As a small business, every new hire impacts your business significantly more than a large enterprise. Indeed, recruitment for small businesses is arguably more crucial for SMEs than it is for global corporations.
A business is only as good as its worst-performing employee, making getting recruitment right ever more critical. Every action an organisation takes in its infancy either enhances or damages its reputation, so early hires must be close to perfect.
However, although it can be easy to hire out of convenience and speed, the hiring manager or founder must take responsibility for every facet of recruitment.
The early days of a start-up company based in Bromley require a strong team ready to take on challenges and grow the business. Therefore, new members of the team have to slot in quickly and be prepared to adapt. The recruitment process should be tailored to the specifics of the role, not just “well-rounded” candidates.
To ensure you get it right the first time, we’ve put together a guide to some of the most common recruitment mistakes to avoid when hiring.
The job description
Getting the job description right is the cornerstone of good recruitment. An unclear job description won’t attract the right if any, applicants.
A good job description should speak in the brand’s unique tone of voice, convey the company’s culture, and be specific about what the job entails.
An unclear job description could leave you open to hiring the wrong candidate, which leads to poor performance and a misunderstanding of role requirements.
On the other hand, by being clear in your job description, you can protect yourself from below-par performance and attract candidates that fit the bill.
With the growth of social networking business sites such as LinkedIn, the chances are that someone in your network already knows your next hire – or you already do.

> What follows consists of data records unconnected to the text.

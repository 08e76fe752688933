-- ===== src/Symbols/Tests.antt =====
-- A small program with its table, and the theorems at it.
use calynda_for_wii.Symbols.Added.{imports_of}
use calynda_for_wii.Symbols.Frames.{entry_of}
use calynda_for_wii.Symbols.Scoping.{names_expression}
use calynda_for_wii.Symbols.Program.{names_decl, names_decls, names_program}
use calynda_for_wii.Base.{
  map, String, arith, ℕ, true, false, none, some, List, [], ◌∷◌, ◌≡◌, ◌⊎◌, ◌↔◌, refl, Bytes, codes,
}
use calynda_for_wii.Symbols.Ast.{
  AstBindingDecl, AstStartDecl, AstLocalBindingStatement, AstQualifiedName, AstImportDecl,
  import_selective, AstTopLevelDecl, top_level_binding, top_level_start, AstProgram, modifier_final,
}
use calynda_for_wii.Symbols.Tree.{
  AstExpression, AstBlock, AstParameter, body_expression, body_block, no_expression, identifier,
  lambda, call, item, no_more, block, next, end, statement_local_binding, statement_expression,
  statement_return,
}
use calynda_for_wii.Symbols.State.{
  Symbol, SymbolTable, zero_table, zero_span, scope_program, scope_block, kind_local,
}
use calynda_for_wii.Symbols.Core.{
  st_symbol_new, st_scope_new, st_scope_append_symbol, st_append_scope_child, st_imports_append,
  st_qualified_name_to_string,
}
use calynda_for_wii.Symbols.Query.{
  symbol_table_lookup, scope_lookup_local, symbol_table_find_import,
}
use calynda_for_wii.Symbols.Imports.{
  st_add_package_symbol, add_import, add_selected, add_import_decl, st_add_import_symbols,
}
use calynda_for_wii.Symbols.Predeclare.{predeclare, st_predeclare_top_level_bindings, build_names}
use calynda_for_wii.Symbols.Locals.{st_add_local_symbol}
use calynda_for_wii.Symbols.Shadows.{IsShadowed, st_add_local_symbol-IsShadowed}
use calynda_for_wii.Symbols.Whole.{no_clash, IsDeclared, build_names-cases}
use calynda_for_wii.Symbols.Visible.{Resolves, symbol_table_lookup-Resolves}

abbrev named : List Bytes → AstQualifiedName
named segments = record { segments = segments; source_span = zero_span; tail_span = zero_span }

abbrev import_math : AstImportDecl
import_math = record {
  node = 11;
  kind = import_selective;
  module_name = named (codes "std" ∷ codes "math" ∷ []);
  alias = [];
  selected_names = codes "sin" ∷ codes "cos" ∷ [];
}

abbrev binding : Bytes → AstTopLevelDecl
binding name = top_level_binding (record {
  node = 12;
  modifiers = modifier_final ∷ [];
  is_inferred_type = false;
  declared_type = 13;
  name = name;
  name_span = zero_span;
  initializer = identifier 14 zero_span (codes "sin");
})

abbrev program_of : List AstTopLevelDecl → AstProgram
program_of decls = record {
  node = 10;
  has_package = true;
  package_name = named (codes "app" ∷ []);
  package_name_node = 15;
  imports = import_math ∷ [];
  top_level_decls = decls;
}

abbrev start : AstStartDecl
start = record {
  node = 16;
  parameters = [];
  body = body_expression no_expression;
  start_span = zero_span;
}

abbrev good : AstProgram
good = program_of (binding (codes "tan") ∷ top_level_start start ∷ [])

-- The binding has the name of an import.
abbrev bad : AstProgram
bad = program_of (binding (codes "cos") ∷ [])

good_accepted : (build_names good).0 ≡ true
unfolding build_names st_scope_new st_add_package_symbol st_add_import_symbols add_import_decl
    add_selected add_import symbol_table_find_import st_qualified_name_to_string
    st_predeclare_top_level_bindings predeclare scope_lookup_local st_imports_append
good_accepted = refl

bad_refused : (build_names bad).0 ≡ false
unfolding build_names st_scope_new st_add_package_symbol st_add_import_symbols add_import_decl
    add_selected add_import symbol_table_find_import st_qualified_name_to_string
    st_predeclare_top_level_bindings predeclare scope_lookup_local st_imports_append
bad_refused = refl

build_names-cases_example :
    ((no_clash good ≡ true)
      × (table : SymbolTable) × (build_names good ≡ (true, table))
      × IsDeclared good table)
    ⊎ ((no_clash good ≡ false)
        × ((build_names good).0 ≡ false)
        × ((build_names good).1.has_error ≡ true))
build_names-cases_example = build_names-cases good

abbrev local : Bytes → ℕ → Symbol
local name scope =
    st_symbol_new kind_local (some name) none none false false false false false zero_span 20
      (some scope)

-- A block in the root scope; both declare `x`, and only the root declares `y`.
abbrev nested : SymbolTable
nested =
    let (with_root, root) = st_scope_new scope_program 10 none zero_table in
    let (with_block, inner_scope) = st_scope_new scope_block 21 (some root) with_root in
    st_scope_append_symbol inner_scope (local (codes "x") 1) (
      st_scope_append_symbol root (local (codes "y") 0)
        (st_scope_append_symbol root (local (codes "x") 0) with_block))

symbol_table_lookup-Resolves_example :
    (symbol_table_lookup nested (some 1) (codes "y") ≡ some (local (codes "y") 0))
    ↔ Resolves nested (codes "y") (some 1) (local (codes "y") 0)
unfolding st_scope_new st_append_scope_child st_scope_append_symbol
symbol_table_lookup-Resolves_example =
    symbol_table_lookup-Resolves nested (some 1) (codes "y") (local (codes "y") 0) refl refl

abbrev inner : AstLocalBindingStatement
inner = record {
  node = 30;
  is_inferred_type = true;
  declared_type = 31;
  is_final = false;
  is_internal = false;
  name = codes "y";
  name_span = zero_span;
}

-- The binding hides the one of the root scope.
st_add_local_symbol-IsShadowed_example :
    ((scope_lookup_local nested 1 (codes "y") ≡ none)
      × (after : SymbolTable) × (st_add_local_symbol inner 1 nested ≡ (true, after))
      × IsShadowed inner 1 nested after)
    ⊎ ((s : Symbol) × (scope_lookup_local nested 1 (codes "y") ≡ some s)
        × ((st_add_local_symbol inner 1 nested).0 ≡ false)
        × ((st_add_local_symbol inner 1 nested).1.has_error ≡ true)
        × ((st_add_local_symbol inner 1 nested).1.scopes ≡ nested.scopes))
unfolding st_scope_new st_append_scope_child st_scope_append_symbol
st_add_local_symbol-IsShadowed_example = st_add_local_symbol-IsShadowed inner 1 nested (omega arith)

inner_added : (st_add_local_symbol inner 1 nested).0 ≡ true
unfolding st_add_local_symbol scope_lookup_local st_scope_new st_append_scope_child
    st_scope_append_symbol
inner_added = refl

-- `(x) -> { y = x; y; z }` under the import of `sin`, with a start declaration that reads `f` and `sin`.
abbrev parameter : Bytes → ℕ → AstParameter
parameter name node = record {
  node = node;
  type = 40;
  is_varargs = false;
  name = name;
  name_span = zero_span;
}

abbrev reads : ℕ → String → AstExpression
reads node name = identifier node zero_span (codes name)

abbrev function_body : AstBlock
function_body = block 50 (
    next (statement_local_binding inner (reads 51 "x"))
      (next (statement_expression (reads 52 "y")) (next (statement_return (reads 53 "z")) end)))

abbrev function : AstBindingDecl
function = record {
  node = 54;
  modifiers = [];
  is_inferred_type = true;
  declared_type = 55;
  name = codes "f";
  name_span = zero_span;
  initializer = lambda 56 zero_span (parameter (codes "x") 57 ∷ []) (body_block function_body);
}

abbrev main : AstStartDecl
main = record {
  node = 60;
  parameters = parameter (codes "arguments") 61 ∷ [];
  body = body_expression (call 62 zero_span (reads 63 "f") (item (reads 64 "sin") no_more));
  start_span = zero_span;
}

abbrev whole : AstProgram
whole = program_of (top_level_start main ∷ top_level_binding function ∷ [])

whole_names :
    names_program whole
    ≡ some (record {
      imports = map entry_of (imports_of whole.imports (some 0));
      resolved = (63, 54) ∷ (64, 11) ∷ (51, 57) ∷ (52, 30) ∷ [];
      unresolved = 53 ∷ [];
    })
unfolding names_program names_decls names_decl names_expression st_qualified_name_to_string
whole_names = refl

You can save time and resources on your recruitment drive by exploring your network for talent. The selection process should stay the same, but you may be able to invite candidates for an interview without advertising.
Furthermore, your network may be able to provide references before you reach out to the potential new hire. This way, you can vet new candidates in advance to ensure you are exploring the right opportunity for both parties.
A common mistake is to forget or disregard your existing network when it can be your most powerful tool.
Considering company culture
Although skillset and capability are crucial to your candidate search, finding someone to fit the company culture can be vital.
To grow positively, start-ups and SMEs within the borough have to shape their culture and build a team that works well together. Therefore, hiring the candidates that fit is just as important as hiring someone with the right skillset.
In some cases, hiring a more junior candidate who fits the culture well and can be developed may be wise.
If the existing team don’t get along with the new hire, the culture can be impacted. Consequently, morale and productivity will suffer.
Although recruitment can seem time-consuming and costly, cutting corners on your process can be damaging. Quality over speed is the answer here, as the right candidate can pay dividends multiple times after being hired.
Rushing the recruitment process can lead to hiring the wrong candidate, as attention to detail has not been followed. As a result, red flags will be missed, and candidates can be hired for the wrong reasons.
Instead, it is wise to take time to weigh up all options and all candidates. By investing time into the process, you can save on problems later down the line.
Unclear recruitment criteria
Similar to the job description, being sure of what role you need to hire for is crucial. Doing this removes any ambiguity in the recruitment and selection process, allowing you to identify the best candidate.
If you aren’t clear on your criteria, you will struggle to find the right candidate. Further, your employees will also struggle to understand what is expected of them.
Speak to your workforce before even writing the job description to understand what the business needs. If it’s your first hire, consider speaking to your network for advice.
Hiring for yourself, not the role
A common mistake in SMEs and start-ups is hiring a candidate who might be a carbon copy of yourself. This occurs as owners feel they need similar minds around them who can do the same role.
The mistake here is that differing opinions and points of view are required, and a copy of yourself won’t provide that. Further, it can lead to frustration when the new hire doesn’t complete tasks the same way as the owner, causing friction.
Instead, the recruitment process should allow for diversity and new perspectives to help the business grow and shape the culture.
Although the temptation is to hire quickly and grow your team, you should avoid attracting the wrong candidates and hiring out of convenience.
A thorough process and diligent planning will help avoid these common pitfalls and shape your small business HR approach.
Consider reaching out to an HR company or outsourcing your HR needs for recruitment. Bringing an expert in may seem costly, but it can save on the resources needed to rectify mistakes in the future.